Da ich mich nicht auskenne bin ich für jeden Rat dankbar wie ich diese Bezahlung umgehen kann, bzw. widerspruch einlegen kann

Danke im vorraus


----------



## Aka-Aka (23 April 2006)

*AW: auskunft 0900 RufNr.*

http://bo2005.regtp.de/prg/srvcno/srvcno900.asp

es geht auch 08003301900 (anrufen)

Kannst Du das hier 





> So wie es ausschaut war Sohnemann online und hat sich diese Rufnr. eingefangen.

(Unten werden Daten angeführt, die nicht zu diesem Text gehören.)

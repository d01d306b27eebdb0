-- ===== src/Auth/Login/Entry.antt =====
-- The use cases of backend/core/modules/auth/use_cases/login_service.py that run in one
-- transaction: the login, and the life of an authenticator.
use nyzrating.Prelude.{ℕ, ◌+◌, ◌*◌, ◌&&◌, Option, none, some, if◌then◌else◌}
use nyzrating.Prelude.Text.{Text, truthy, or_empty}
use nyzrating.Users.{User, increment_security_version}
use nyzrating.Auth.Tokens.{Jwt, Config, minute}
use nyzrating.Auth.Sessions.{invalidate_all_for_user}
use nyzrating.Auth.TwoFactor.Authenticators.{
  upsert_pending_secret, enable_secret, disable, get_pending_secret,
}
use nyzrating.Auth.TwoFactor.Totp.{verify_authenticator_code}
use nyzrating.Auth.Login.{AuthDb, LoginService, LoginInput, LoginResult, issue_tokens, transaction}
use nyzrating.Auth.Login.First.{login_step1}
use nyzrating.Auth.Login.Second.{login_step2}

module _ {T : Type 0} (jwt : Jwt T) (config : Config) (svc : LoginService) where
  unfoldable pub login : LoginInput → AuthDb → LoginResult T × AuthDb
  login inp db = transaction jwt config db (
      if truthy (or_empty inp.pending_token) && truthy (or_empty inp.two_factor_code)
      then login_step2 jwt config svc inp (or_empty inp.pending_token) db
      else login_step1 jwt config svc inp db)

  unfoldable pub issue_tokens_for_user : LoginInput → User → AuthDb → LoginResult T × AuthDb
  issue_tokens_for_user inp user db =
      transaction jwt config db (issue_tokens jwt config inp user db)

-- The secret is drawn; the link with it is left out.
unfoldable pub start_authenticator_setup : ℕ → Text → ℕ → AuthDb → AuthDb
start_authenticator_setup now secret user_id db = record db {
  authenticators = upsert_pending_secret user_id secret (now + 10 * minute) db.authenticators;
}

-- The end of a change of the second factor: every session of the user is over.
abbrev pub revoke_all : ℕ → AuthDb → AuthDb
revoke_all user_id db = record db {
  users = increment_security_version user_id db.users;
  sessions = invalidate_all_for_user user_id db.sessions;
}

abbrev pub confirm_secret : LoginService → ℕ → ℕ → Text → AuthDb → Option Text → Option AuthDb
confirm_secret svc now user_id code db none = none
confirm_secret svc now user_id code db (some secret) =
    elim (verify_authenticator_code svc.crypto now secret code) [
      | none ↦ none
      | some ok ↦
          if ok
          then some (
              revoke_all user_id
                (record db { authenticators = enable_secret user_id secret db.authenticators }))
          else none
    ]

-- `none` is an error.
unfoldable pub confirm_authenticator_setup : LoginService → ℕ → ℕ → Text → AuthDb → Option AuthDb
confirm_authenticator_setup svc now user_id code db =
    confirm_secret svc now user_id code db (get_pending_secret now user_id db.authenticators)

unfoldable pub disable_authenticator : ℕ → AuthDb → AuthDb
disable_authenticator user_id db =
    revoke_all user_id (record db { authenticators = disable user_id db.authenticators })
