-- ===== src/Auth/Login/Outcome.antt =====
-- What the issue of tokens leaves in the table of sessions.
use nyzrating.Prelude.{
  ℕ, ◌+◌, ◌≡◌, refl, Bool, true, false, ◌&&◌, Option, none, some, List, [], ◌∷◌, ◌++◌, map, count,
  arith, if◌then◌else◌, ◌==◌, inl, inr, Option-cases,
}
use nyzrating.Prelude.Text.{Text}
use nyzrating.Users.{User}
use nyzrating.Auth.Tokens.{Claims, Jwt, Config, make_access, make_refresh_pair, refresh_claims}
use nyzrating.Auth.Sessions.{
  Session, Sessions, get_by_jti, create, new_session, invalidated, invalidate_all_for_user,
}
use nyzrating.Auth.Refresh.Rotation.{created_row}
use nyzrating.Auth.Login.{
  AuthDb, LoginInput, LoginSuccess, LoginResult, login_success, two_factor_required, refused,
  too_many_attempts, failed, after_create, issue_tokens,
}

abbrev pub is_open : ℕ → Session → Bool
is_open user_id s = s.user_id == user_id && s.valid

-- The number of a user's open sessions.
abbrev pub open_sessions : ℕ → Sessions → ℕ
open_sessions user_id t = count (is_open user_id) t.rows

none_open :
    (user_id : ℕ) (rows : List Session)
    → count
        (is_open user_id)
        (map (λ s. if s.user_id == user_id && s.valid then invalidated s else s) rows)
      ≡ 0
unfolding invalidated
none_open user_id [] = refl
none_open user_id (s ∷ rows) = ground (arith, none_open user_id rows)

open-snoc :
    (user_id : ℕ) (rows : List Session) (r : Session)
    → is_open user_id r ≡ true
    → count (is_open user_id) (rows ++ r ∷ []) ≡ count (is_open user_id) rows + 1
open-snoc user_id [] r h = ground arith
open-snoc user_id (s ∷ rows) r h = ground (arith, open-snoc user_id rows r h)

own_open :
    (id user_id : ℕ) (jti hash : Text) (exp : ℕ) (ip ua : Option Text)
    → is_open user_id (new_session id user_id jti hash exp ip ua) ≡ true
unfolding new_session
own_open id user_id jti hash exp ip ua = ground arith

single_open :
    (user_id : ℕ) (jti hash : Text) (exp : ℕ) (ip ua : Option Text) (t u : Sessions)
    → create user_id jti hash exp ip ua (invalidate_all_for_user user_id t) ≡ some u
    → open_sessions user_id u ≡ 1
unfolding create invalidate_all_for_user
single_open user_id jti hash exp ip ua t u h =
    let closed = invalidate_all_for_user user_id t in
    let new = new_session t.next_id user_id jti hash exp ip ua in
    elim (Option-cases (get_by_jti (some jti) closed)) [
      | inr (s, taken) ↦ absurd (ground (arith, taken))
      | inl free ↦ ground (
        arith,
        free,
        none_open user_id t.rows,
        open-snoc user_id closed.rows new (own_open t.next_id user_id jti hash exp ip ua),
      )
    ]

module _ {T : Type 0} (jwt : Jwt T) (config : Config) where
  abbrev claims_for : LoginInput → User → Claims
  claims_for inp user =
      refresh_claims config inp.now inp.refresh_jti user.id inp.auto_login user.security_version
        inp.tenant_version

  abbrev token_for : LoginInput → User → T
  token_for inp user = jwt.encode (claims_for inp user)

  abbrev created_for : LoginInput → User → AuthDb → Option Sessions
  created_for inp user db =
      create user.id inp.refresh_jti (jwt.hash (token_for inp user)) (claims_for inp user).exp
        inp.ip inp.ua (invalidate_all_for_user user.id db.sessions)

  -- The user's one open session is that of the refresh token.
  pub record IsSingle (inp : LoginInput) (r : LoginSuccess T) (after : AuthDb) : Type 0 where
    pub one_open : open_sessions r.user.id after.sessions ≡ 1
    pub new_id : ℕ
    pub has_session :
        get_by_jti (some inp.refresh_jti) after.sessions
        ≡ some (
            new_session new_id r.user.id inp.refresh_jti
              (jwt.hash r.refresh_token)
              (refresh_claims config inp.now inp.refresh_jti r.user.id inp.auto_login
                r.user.security_version inp.tenant_version).exp
              inp.ip
              inp.ua)

  -- A success has one open session and a reason, and no other result opens or closes one.
  abbrev pub EndsWell : LoginInput → (User → Type 0) → AuthDb → LoginResult T × AuthDb → Type 0
  EndsWell inp Why before (login_success r, after) = Why r.user × IsSingle inp r after
  EndsWell inp Why before (two_factor_required token challenge, after) =
      after.sessions ≡ before.sessions
  EndsWell inp Why before (refused, after) = after.sessions ≡ before.sessions
  EndsWell inp Why before (too_many_attempts, after) = after.sessions ≡ before.sessions
  EndsWell inp Why before (failed, after) = after.sessions ≡ before.sessions

  create_EndsWell :
      (inp : LoginInput) (Why : User → Type 0) (user : User) (before db : AuthDb)
      → Why user
      → db.sessions ≡ before.sessions
      → (created : Option Sessions) → created_for inp user db ≡ created
      → EndsWell inp Why before (after_create jwt config inp user (token_for inp user) created db)
  create_EndsWell inp Why user before db why same none e = same
  create_EndsWell inp Why user before db why same (some u) e = (
    why,
    record {
      one_open = single_open _ _ _ _ _ _ _ _ e;
      new_id = (invalidate_all_for_user user.id db.sessions).next_id;
      has_session = (created_row _ _ _ _ _ _ _ _ e).2;
    },
  )

  pub issue-EndsWell :
      (inp : LoginInput) (Why : User → Type 0) (user : User) (before db : AuthDb)
      → Why user
      → db.sessions ≡ before.sessions
      → EndsWell inp Why before (issue_tokens jwt config inp user db)
  unfolding issue_tokens make_refresh_pair make_access
  issue-EndsWell inp Why user before db why same =
      create_EndsWell inp Why user before db why same _ refl

  -- Splits of a test, and of a user.
  pub if-EndsWell :
      (inp : LoginInput) (W : User → Type 0) (db : AuthDb) (b : Bool) (x y : LoginResult T × AuthDb)
      → EndsWell inp W db x
      → EndsWell inp W db y
      → EndsWell inp W db (if b then x else y)
  if-EndsWell inp W db true x y p q = p
  if-EndsWell inp W db false x y p q = q

  pub split-EndsWell :
      (inp : LoginInput) (W : User → Type 0) (db : AuthDb) (b : Bool) (x y : LoginResult T × AuthDb)
      → (b ≡ true → EndsWell inp W db x)
      → EndsWell inp W db y
      → EndsWell inp W db (if b then x else y)
  split-EndsWell inp W db true x y p q = p refl
  split-EndsWell inp W db false x y p q = q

 bitte etwas genauer ausführen? Sohnemann kann sich dazu auch äußern


----------



## Unregistriert (25 April 2006)

*AW: auskunft 0900 RufNr.*



			
				Aka-Aka schrieb:
			
		

> http://bo2005.regtp.de/prg/srvcno/srvcno900.asp
> 
> es geht auch 08003301900 (anrufen)
> 
> ...




hallo Aka
auf der Telefonrechung tauchen die nr. 090090001798 und komischerweise auch  rufnr. 00448703131971 auf und das auch doppelt zur gleichen zeit, es ist schon seltsam, von der telekom habe ich nur eine billige ausrede bekommen es wären auslandgespräche mit zuschlag. das kann ich leider nicht nachvollziehen, zur gleichen zeit die gleiche rufnummer anrufen


----------



## Stalker2002 (26 April 2006)

*AW: auskunft 0900 RufNr.*



			
				Unregistriert schrieb:
			
		

> hallo Aka
> auf der Telefonrechung tauchen die nr. 090090001798 und komischerweise auch  rufnr. 00448703131971 auf und das auch doppelt zur gleichen zeit,[...]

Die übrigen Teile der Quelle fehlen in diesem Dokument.